Mereka menyampaikan tiga tuntutan utama:
- Mendesak Presiden Prabowo Subianto untuk mencopot Mendagri Tito Karnavian dan Dirjen Bina Administrasi Kewilayahan Kemendagri, Syafrizal.
- Mendorong Gubernur Aceh dan DPRA segera bersikap tegas dalam mempertahankan keempat pulau tersebut.
- Menuntut pencabutan SK Kemendagri Nomor 300.2.2-2138 Tahun 2025 yang menetapkan keempat pulau berada di wilayah Sumatera Utara.
Polemik ini mencuat setelah Kemendagri menerbitkan SK tersebut pada 25 April 2025, yang menetapkan empat pulau itu sebagai bagian dari Kabupaten Tapanuli Tengah, Provinsi Sumut. Hal ini langsung ditanggapi Gubernur Aceh Muzakir Manaf yang menolak keras keputusan tersebut dan mengklaim memiliki bukti historis bahwa wilayah itu adalah bagian dari Aceh.
“Kami punya bukti-bukti otentik. Dari zaman dahulu, pulau-pulau itu memang bagian dari Aceh.
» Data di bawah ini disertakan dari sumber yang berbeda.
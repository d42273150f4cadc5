-- ===== src/Base/Resources.antt =====
-- What C code takes and gives back: memory, descriptors, mappings, contexts of a library. A function
-- that opens or closes something is a `Run`: the calls that it makes, in order, and its result.
use camkit.Base.Calls.{Outcome, ok, fault, ◌>>=◌ as ◌then◌}
use mathlib.Core.Path.{◌≡◌, refl, ap, ◌∙◌}
use mathlib.Core.List.{List, [], ◌∷◌, ◌++◌}
use mathlib.Core.Option.{Option, none, some}
use mathlib.Core.Bool.{Bool, true, false}

pub data Event (R : Type 0) : Type 0 where
  acquired released : R → Event R
  -- Something that C leaves undefined.
  undefined : Event R

abbrev pub Run : Type 0 → Type 0 → Type 0
Run R A = List (Event R) × A

infixl 5 ◌>>=◌ ◌>>◌
abbrev pub ◌>>=◌ : {R A B : Type 0} → Run R A → (A → Run R B) → Run R B
m >>= next = (m.0 ++ (next m.1).0, (next m.1).1)

abbrev pub ◌>>◌ : {R B : Type 0} → Run R (Unit {0}) → Run R B → Run R B
m >> next = m >>= λ done. next

abbrev pub result : {R A : Type 0} → A → Run R A
result a = ([], a)

-- A call that takes `r` if it succeeds, and tells whether it did.
abbrev pub acquire : {R : Type 0} → R → Bool → Run R Bool
acquire r true = (acquired r ∷ [], true)
acquire r false = ([], false)

-- A resource that has just been obtained.
abbrev pub hold : {R : Type 0} → R → Run R (Unit {0})
hold r = (acquired r ∷ [], tt)

abbrev pub release : {R : Type 0} → R → Run R (Unit {0})
release r = (released r ∷ [], tt)

-- A call that is undefined, with some result.
abbrev pub undefined_behaviour : {R A : Type 0} → A → Run R A
undefined_behaviour a = (undefined ∷ [], a)

-- A client that opens, and closes what it got.
abbrev pub open_close :
    {R H : Type 0} → Run R (Option H) → (H → Run R (Unit {0})) → Run R (Unit {0})
open_close opened close = opened >>= λ got. elim got [ none ↦ result tt | some h ↦ close h ]

module _ {R : Type 0} (same : Discrete R) where
  -- What is still held when `r` is given back; `none` when it is not held.
  unfoldable pub give_back : R → List R → Option (List R)
  give_back r [] = none
  give_back r (x ∷ xs) = elim (same r x) [
    | yes e ↦ some xs
    | no n ↦ elim (give_back r xs) [ none ↦ none | some ys ↦ some (x ∷ ys) ]
  ]

  -- What is held after the calls. To give back what is not held is undefined.
  unfoldable pub replay : List (Event R) → List R → Outcome (List R)
  unfolding give_back
  replay [] held = ok held
  replay (acquired r ∷ es) held = replay es (r ∷ held)
  replay (undefined ∷ es) held = fault
  replay (released r ∷ es) held = elim (give_back r held) [
    | none ↦ fault
    | some rest ↦ replay es rest
  ]

  pub give_back_self : (r : R) (xs : List R) → give_back r (r ∷ xs) ≡ some xs
  unfolding give_back
  give_back_self r xs = go (same r r)
    where
      go :
          (d : Dec (r ≡ r))
          → ◌≡◌ {A = Option (List R)}
              (elim d [
                | yes e ↦ some xs
                | no n ↦ elim (give_back r xs) [ none ↦ none | some ys ↦ some (r ∷ ys) ]
              ])
              (some xs)
      go (yes e) = refl
      go (no n) = absurd (n refl)

  -- What is held beside it stays.
  pub give_back_ne :
      (r x : R) (xs ys : List R)
      → ¬ (r ≡ x)
      → give_back r xs ≡ some ys
      → give_back r (x ∷ xs) ≡ some (x ∷ ys)
  unfolding give_back
  give_back_ne r x xs ys other e = go (same r x)
    where
      go :
          (d : Dec (r ≡ x))
          → ◌≡◌ {A = Option (List R)}
              (elim d [
                | yes e ↦ some xs
                | no n ↦ elim (give_back r xs) [ none ↦ none | some zs ↦ some (x ∷ zs) ]
              ])
              (some (x ∷ ys))
      go (yes same) = absurd (other same)
      go (no n) = rw e refl

  pub replay-released :
      (r : R) (es : List (Event R)) (held rest : List R)
      → give_back r held ≡ some rest
      → replay (released r ∷ es) held ≡ replay es rest
  unfolding replay
  replay-released r es held rest e = rw (e, replay) refl

  pub replay-append :
      (xs ys : List (Event R)) (held : List R)
      → replay (xs ++ ys) held ≡ (replay xs held then replay ys)
  unfolding replay
  replay-append [] ys held = refl
  replay-append (acquired r ∷ xs) ys held = replay-append xs ys (r ∷ held)
  replay-append (undefined ∷ xs) ys held = refl
  replay-append (released r ∷ xs) ys held = go (replay-append xs ys) (give_back r held)
    where
      go :
          ((rest : List R) → replay (xs ++ ys) rest ≡ (replay xs rest then replay ys))
          → (o : Option (List R))
          → ◌≡◌ {A = Outcome (List R)}
              (elim o [ none ↦ fault | some rest ↦ replay (xs ++ ys) rest ])
              (elim o [ none ↦ fault | some rest ↦ replay xs rest ] then replay ys)
      go ih none = refl
      go ih (some rest) = ih rest

  pub replay-after :
      (xs ys : List (Event R)) (held mid : List R)
      → replay xs held ≡ ok mid
      → replay (xs ++ ys) held ≡ replay ys mid
  replay-after xs ys held mid e = replay-append xs ys held ∙ ap (λ o. o then replay ys) e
Ini bukan klaim kosong,” tegas Muzakir dalam pernyataannya di Jakarta.
Sementara itu, Mendagri Tito Karnavian menyatakan bahwa keputusan tersebut merupakan hasil kajian panjang yang melibatkan berbagai lembaga pusat seperti Badan Informasi Geospasial, TNI AL dan AD, serta instansi terkait lainnya.
“Batas darat antara Aceh dan Sumatera Utara sudah disepakati. Batas laut belum. Karena itu, pemerintah pusat harus mengambil keputusan berdasarkan peta dan data teknis,” kata Tito di Kompleks Istana Negara, Selasa (10/6/2025).
Tito menambahkan, karena kedua provinsi tidak mencapai kesepakatan batas laut, maka kewenangan penetapan diserahkan ke pemerintah pusat, sesuai aturan yang berlaku.